▶ _Task prompt_
The answer must consist of every line in the data below that holds the word "none".

▶ _Given entries_
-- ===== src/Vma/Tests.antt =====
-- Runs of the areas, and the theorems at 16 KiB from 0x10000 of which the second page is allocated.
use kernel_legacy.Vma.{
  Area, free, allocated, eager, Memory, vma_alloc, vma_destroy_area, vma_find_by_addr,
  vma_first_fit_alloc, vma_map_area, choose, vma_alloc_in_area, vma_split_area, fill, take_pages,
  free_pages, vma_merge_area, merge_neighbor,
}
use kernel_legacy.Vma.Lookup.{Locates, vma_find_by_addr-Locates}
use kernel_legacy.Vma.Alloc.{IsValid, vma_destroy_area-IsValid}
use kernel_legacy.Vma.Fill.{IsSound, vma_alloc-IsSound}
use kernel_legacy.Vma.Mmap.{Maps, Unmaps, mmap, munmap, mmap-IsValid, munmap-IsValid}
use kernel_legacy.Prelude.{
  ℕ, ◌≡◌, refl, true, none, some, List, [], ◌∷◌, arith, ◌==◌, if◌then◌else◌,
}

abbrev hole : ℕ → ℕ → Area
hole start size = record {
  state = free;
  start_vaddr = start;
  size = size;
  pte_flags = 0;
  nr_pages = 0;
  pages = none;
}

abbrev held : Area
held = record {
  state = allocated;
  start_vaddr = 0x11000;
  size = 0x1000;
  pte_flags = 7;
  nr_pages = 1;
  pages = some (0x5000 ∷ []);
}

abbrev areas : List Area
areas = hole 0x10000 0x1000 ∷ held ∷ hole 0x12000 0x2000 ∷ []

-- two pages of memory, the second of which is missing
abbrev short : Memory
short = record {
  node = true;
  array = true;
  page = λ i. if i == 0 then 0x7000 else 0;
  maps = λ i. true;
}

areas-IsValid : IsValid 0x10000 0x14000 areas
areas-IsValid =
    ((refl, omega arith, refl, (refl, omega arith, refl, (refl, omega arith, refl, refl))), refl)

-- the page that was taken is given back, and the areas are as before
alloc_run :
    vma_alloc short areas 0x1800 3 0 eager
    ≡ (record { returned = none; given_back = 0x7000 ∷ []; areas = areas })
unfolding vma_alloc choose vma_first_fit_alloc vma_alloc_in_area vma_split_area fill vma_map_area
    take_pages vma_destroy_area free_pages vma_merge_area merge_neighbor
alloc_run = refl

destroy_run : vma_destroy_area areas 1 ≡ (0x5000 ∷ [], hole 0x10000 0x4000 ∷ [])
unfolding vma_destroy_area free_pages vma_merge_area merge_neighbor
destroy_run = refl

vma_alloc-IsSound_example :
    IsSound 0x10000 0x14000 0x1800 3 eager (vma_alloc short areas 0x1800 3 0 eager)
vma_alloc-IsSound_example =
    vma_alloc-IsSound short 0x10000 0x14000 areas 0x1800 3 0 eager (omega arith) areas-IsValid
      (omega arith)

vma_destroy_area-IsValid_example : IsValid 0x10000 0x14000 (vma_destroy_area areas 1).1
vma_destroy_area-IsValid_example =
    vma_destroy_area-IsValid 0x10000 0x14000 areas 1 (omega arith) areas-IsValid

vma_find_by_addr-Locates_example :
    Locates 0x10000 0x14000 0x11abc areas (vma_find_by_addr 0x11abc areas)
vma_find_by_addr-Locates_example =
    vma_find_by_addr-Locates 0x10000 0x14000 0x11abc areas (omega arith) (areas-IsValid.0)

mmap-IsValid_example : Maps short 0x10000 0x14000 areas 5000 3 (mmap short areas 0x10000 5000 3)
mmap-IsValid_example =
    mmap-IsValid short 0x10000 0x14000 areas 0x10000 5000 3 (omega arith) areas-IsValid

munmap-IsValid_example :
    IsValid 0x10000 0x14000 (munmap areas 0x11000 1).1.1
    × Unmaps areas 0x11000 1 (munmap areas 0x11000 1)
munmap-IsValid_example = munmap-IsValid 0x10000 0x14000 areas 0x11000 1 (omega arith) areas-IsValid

...

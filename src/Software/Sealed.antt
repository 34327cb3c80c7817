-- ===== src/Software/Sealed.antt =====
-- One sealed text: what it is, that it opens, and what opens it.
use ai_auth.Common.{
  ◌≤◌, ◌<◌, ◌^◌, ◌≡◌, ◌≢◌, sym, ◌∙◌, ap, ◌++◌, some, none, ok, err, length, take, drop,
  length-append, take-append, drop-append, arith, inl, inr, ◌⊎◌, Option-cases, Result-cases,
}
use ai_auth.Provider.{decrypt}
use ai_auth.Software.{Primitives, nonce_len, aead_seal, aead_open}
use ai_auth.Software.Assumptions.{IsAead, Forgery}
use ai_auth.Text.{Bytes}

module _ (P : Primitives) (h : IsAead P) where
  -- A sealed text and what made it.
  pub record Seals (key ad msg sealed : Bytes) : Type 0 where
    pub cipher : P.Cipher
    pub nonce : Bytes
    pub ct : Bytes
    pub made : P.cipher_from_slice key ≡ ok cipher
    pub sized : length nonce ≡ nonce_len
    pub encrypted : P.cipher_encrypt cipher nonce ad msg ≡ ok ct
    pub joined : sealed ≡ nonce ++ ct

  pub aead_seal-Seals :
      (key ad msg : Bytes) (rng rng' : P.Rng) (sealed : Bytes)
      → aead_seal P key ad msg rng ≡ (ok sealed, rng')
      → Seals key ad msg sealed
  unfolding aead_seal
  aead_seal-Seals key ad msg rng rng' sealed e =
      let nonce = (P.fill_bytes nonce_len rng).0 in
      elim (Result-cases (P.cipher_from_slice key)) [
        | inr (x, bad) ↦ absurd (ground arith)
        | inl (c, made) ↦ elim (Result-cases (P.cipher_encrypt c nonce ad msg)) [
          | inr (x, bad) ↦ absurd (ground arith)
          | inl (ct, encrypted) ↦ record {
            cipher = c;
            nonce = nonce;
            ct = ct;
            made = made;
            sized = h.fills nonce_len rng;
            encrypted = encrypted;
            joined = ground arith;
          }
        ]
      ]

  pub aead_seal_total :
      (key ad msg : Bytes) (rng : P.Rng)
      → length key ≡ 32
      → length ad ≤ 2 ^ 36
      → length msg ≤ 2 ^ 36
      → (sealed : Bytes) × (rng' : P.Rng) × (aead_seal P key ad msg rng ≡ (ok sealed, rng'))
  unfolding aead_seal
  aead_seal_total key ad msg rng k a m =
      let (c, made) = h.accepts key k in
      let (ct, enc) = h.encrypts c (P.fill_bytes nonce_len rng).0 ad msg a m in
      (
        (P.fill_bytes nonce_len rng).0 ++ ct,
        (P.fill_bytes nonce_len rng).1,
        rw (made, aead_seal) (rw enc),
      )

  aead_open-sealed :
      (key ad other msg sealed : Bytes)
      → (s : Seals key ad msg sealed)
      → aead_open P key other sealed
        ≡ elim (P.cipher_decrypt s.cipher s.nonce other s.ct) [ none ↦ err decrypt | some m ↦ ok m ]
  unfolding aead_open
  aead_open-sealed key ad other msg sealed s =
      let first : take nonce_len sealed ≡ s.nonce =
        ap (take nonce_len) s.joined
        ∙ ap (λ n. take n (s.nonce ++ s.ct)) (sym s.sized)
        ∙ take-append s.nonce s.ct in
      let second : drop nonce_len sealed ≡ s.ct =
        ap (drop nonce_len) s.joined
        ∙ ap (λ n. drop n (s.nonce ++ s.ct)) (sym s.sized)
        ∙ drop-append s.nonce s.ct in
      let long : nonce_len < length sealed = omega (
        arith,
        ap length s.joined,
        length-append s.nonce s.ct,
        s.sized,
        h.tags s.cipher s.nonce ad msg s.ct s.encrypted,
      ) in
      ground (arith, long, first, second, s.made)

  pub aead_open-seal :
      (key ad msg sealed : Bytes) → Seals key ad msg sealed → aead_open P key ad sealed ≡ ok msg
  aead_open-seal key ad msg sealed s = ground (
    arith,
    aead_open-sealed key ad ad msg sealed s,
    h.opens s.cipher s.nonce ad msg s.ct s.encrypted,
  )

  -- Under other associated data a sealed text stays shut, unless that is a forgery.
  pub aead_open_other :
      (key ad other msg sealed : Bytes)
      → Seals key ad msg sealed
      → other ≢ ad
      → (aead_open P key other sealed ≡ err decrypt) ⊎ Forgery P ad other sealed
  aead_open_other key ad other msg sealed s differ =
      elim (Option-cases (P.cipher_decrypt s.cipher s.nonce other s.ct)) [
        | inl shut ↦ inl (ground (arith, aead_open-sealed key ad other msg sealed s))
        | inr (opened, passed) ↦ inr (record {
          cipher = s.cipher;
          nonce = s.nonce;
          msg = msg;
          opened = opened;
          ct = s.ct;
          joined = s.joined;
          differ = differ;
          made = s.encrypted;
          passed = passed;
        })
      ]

▶ _Written answer_
  ℕ, ◌≡◌, refl, true, none, some, List, [], ◌∷◌, arith, ◌==◌, if◌then◌else◌,
  pages = none;
    ≡ (record { returned = none; given_back = 0x7000 ∷ []; areas = areas })
  ◌≤◌, ◌<◌, ◌^◌, ◌≡◌, ◌≢◌, sym, ◌∙◌, ap, ◌++◌, some, none, ok, err, length, take, drop,
        ≡ elim (P.cipher_decrypt s.cipher s.nonce other s.ct) [ none ↦ err decrypt | some m ↦ ok m ]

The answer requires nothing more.